Tuesday, September 19, 2006

Lucifero

Un giorno si accorse di questo: che doveva scegliere tra la musica e lei.

Non era un musista nè un compositore nè un artista, e per una volta il dilemma tra carriera e amore non c’entra niente: era semplicemente (si reputava essere) un uomo di pensiero che non avrebbe lasciato nè opere nè particolari segni del suo passaggio, e che peraltro faceva un lavoro stupido e alienante: ma era, pensava, un uomo di pensiero lo stesso.

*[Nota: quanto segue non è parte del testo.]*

-- ===== src/Recovery/Coordinator/Spent.antt =====
-- What one round keeps of a run behind its claim, and that it spends one attempt.
use failure_resolver.Prelude.{String, Option-cases, inl, inr}
use failure_resolver.Json.{Fields, get}
use failure_resolver.Errors.{Error, Result, ok, err, Done, assertion}
use failure_resolver.Runtime.{Runtime}
use failure_resolver.Robot.Pointer.{FlowPointer}
use failure_resolver.Recovery.Inputs.{uuid_text}
use failure_resolver.Recovery.Session.{SessionRecord}
use failure_resolver.Recovery.Plan.Continuation.{RecoveryPlan}
use failure_resolver.Recovery.Outcome.{Outcome}
use failure_resolver.Recovery.Attempt.{
  FinishCall, Attempted, Detail, settled, unclassified, finish_unknown,
}
use failure_resolver.Recovery.Attempt.Monad.{Run, pure, ◌>>◌}
use failure_resolver.Recovery.Attempt.Stable.{
  Keeps, Order, Stable, Keeps-pure, Keeps-lift, Keeps-raise, Keeps-bind, Keeps-if, Keeps-count,
  Keeps-finish_unknown, execute_attempt-Keeps,
}
use failure_resolver.Recovery.Coordinator.{Control, read, finish_at}
use failure_resolver.Recovery.Coordinator.Attempts.{
  Next, over, close_malformed, still_live, next_of, dispatch_claimed, run_claimed, read_claim,
}

module _ (py : Runtime) (ctl : Control) where
  abbrev W : Type 0
  W = ctl.out.World

  module _ {R : Run W → Run W → Type 0} (st : Stable py ctl.out R)
      (closes : (c : FinishCall) → Keeps R (finish_at ctl c)) where
    o : Order R
    o = st.order

    next_of-Keeps : (claimed : SessionRecord) (a : Attempted) → Keeps R (next_of py ctl claimed a)
    unfolding next_of read
    next_of-Keeps claimed (Outcome.failed, settled finished) =
        Keeps-if o _ _ _ (Keeps-bind o _ _ (λ r. o.none r) λ v. Keeps-pure o _) (Keeps-pure o over)
    next_of-Keeps claimed (Outcome.failed, unclassified flow) = Keeps-raise o Next assertion
    next_of-Keeps claimed (Outcome.failed, Detail.nothing) = Keeps-raise o Next assertion
    next_of-Keeps claimed (Outcome.recovered, d) = Keeps-pure o over
    next_of-Keeps claimed (Outcome.unknown, d) = Keeps-pure o over

    unknown-Keeps :
        (claimed : SessionRecord) (failure_id : String)
        → Keeps R (finish_unknown py ctl.out claimed failure_id >> pure over)
    unknown-Keeps claimed failure_id =
        Keeps-bind o _ _ (Keeps-finish_unknown py ctl.out o st.finished claimed failure_id)
          λ _. Keeps-pure o over

    dispatch_claimed-Keeps :
        (claimed : SessionRecord) (failure_id : String) (plan : RecoveryPlan) (p : FlowPointer)
        (x : Result Done)
        → Keeps R (dispatch_claimed py ctl claimed failure_id plan p x)
    unfolding dispatch_claimed
    dispatch_claimed-Keeps claimed failure_id plan p (ok live) =
        Keeps-bind o _ _ (execute_attempt-Keeps py ctl.out st claimed failure_id plan p)
          λ a. next_of-Keeps claimed a
    dispatch_claimed-Keeps claimed failure_id plan p (err e) =
        Keeps-if o _ _ _ (unknown-Keeps claimed failure_id) (Keeps-raise o Next e)

    run_claimed-Keeps :
        (claimed : SessionRecord) (failure_id : String) (p : FlowPointer)
        → Keeps R (run_claimed py ctl claimed failure_id p)
    unfolding run_claimed still_live
    run_claimed-Keeps claimed failure_id p = Keeps-bind o _ _ (Keeps-count py ctl.out o _) λ _.
        Keeps-bind o _ _ (Keeps-lift o _) λ plan.
          Keeps-if o _ _ _
            (Keeps-bind o _ _ (Keeps-lift o _) λ _.
              Keeps-bind o _ _ (λ r. o.none r)
                λ live. dispatch_claimed-Keeps claimed failure_id plan p live)
            (unknown-Keeps claimed failure_id)

    close_malformed-Keeps :
        (e : Error) (session_id failure_id : String) (row : Fields)
        → Keeps R (close_malformed py ctl e session_id failure_id row)
    unfolding close_malformed
    close_malformed-Keeps e session_id failure_id row =
        elim (Option-cases (uuid_text py (get "recovery_run_token" row))) [
          | inl no_token ↦ rw (no_token, close_malformed) (Keeps-raise o Done e)
          | inr (token, there) ↦
              rw (there, close_malformed)
                (Keeps-if o _ _ _ (Keeps-bind o _ _ (closes _) λ _. Keeps-count py ctl.out o _)
                  (Keeps-raise o Done e))
        ]

    pub read_claim-Keeps :
        (session_id failure_id : String) (p : FlowPointer) (row : Fields) (x : Result SessionRecord)
        → Keeps R (read_claim py ctl session_id failure_id p row x)
    unfolding read_claim
    read_claim-Keeps session_id failure_id p row (ok claimed) =
        run_claimed-Keeps claimed failure_id p
    read_claim-Keeps session_id failure_id p row (err e) =
        Keeps-if o _ _ _
          (Keeps-bind o _ _ (close_malformed-Keeps e session_id failure_id row)
            λ _. Keeps-pure o over)
          (Keeps-raise o Next e)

Nel suo caso era un uomo di pensiero che trovava il suo imperativo morale nell’ascolto della musica classica, dunque – e non lo si neghi – in ciò che l’ascolto della musica classica talvolta comporta: astrazione, talvolta perdizione, senz’altro solitudine.
Ecco: lui si accorse che doveva scegliere tra la solitudine e lei.
Sapeva che la solitudine aveva già distrutto fior d’uomini di pensiero (Pascal e Nietzsche, per esempio) ma riteneva che solitudine e separatezza fossero degne di un uomo di pensiero più di quanto potessero esserlo le seducenti dolcezze della vita: tipicamente le donne e poi gli status sociali e il potere e il denaro e insomma tutto il bagaglio di quegli uomini che invece non lo erano, di pensiero: ma che ugualmente sarebbero stati scaraventati in una fossa. Ignobile.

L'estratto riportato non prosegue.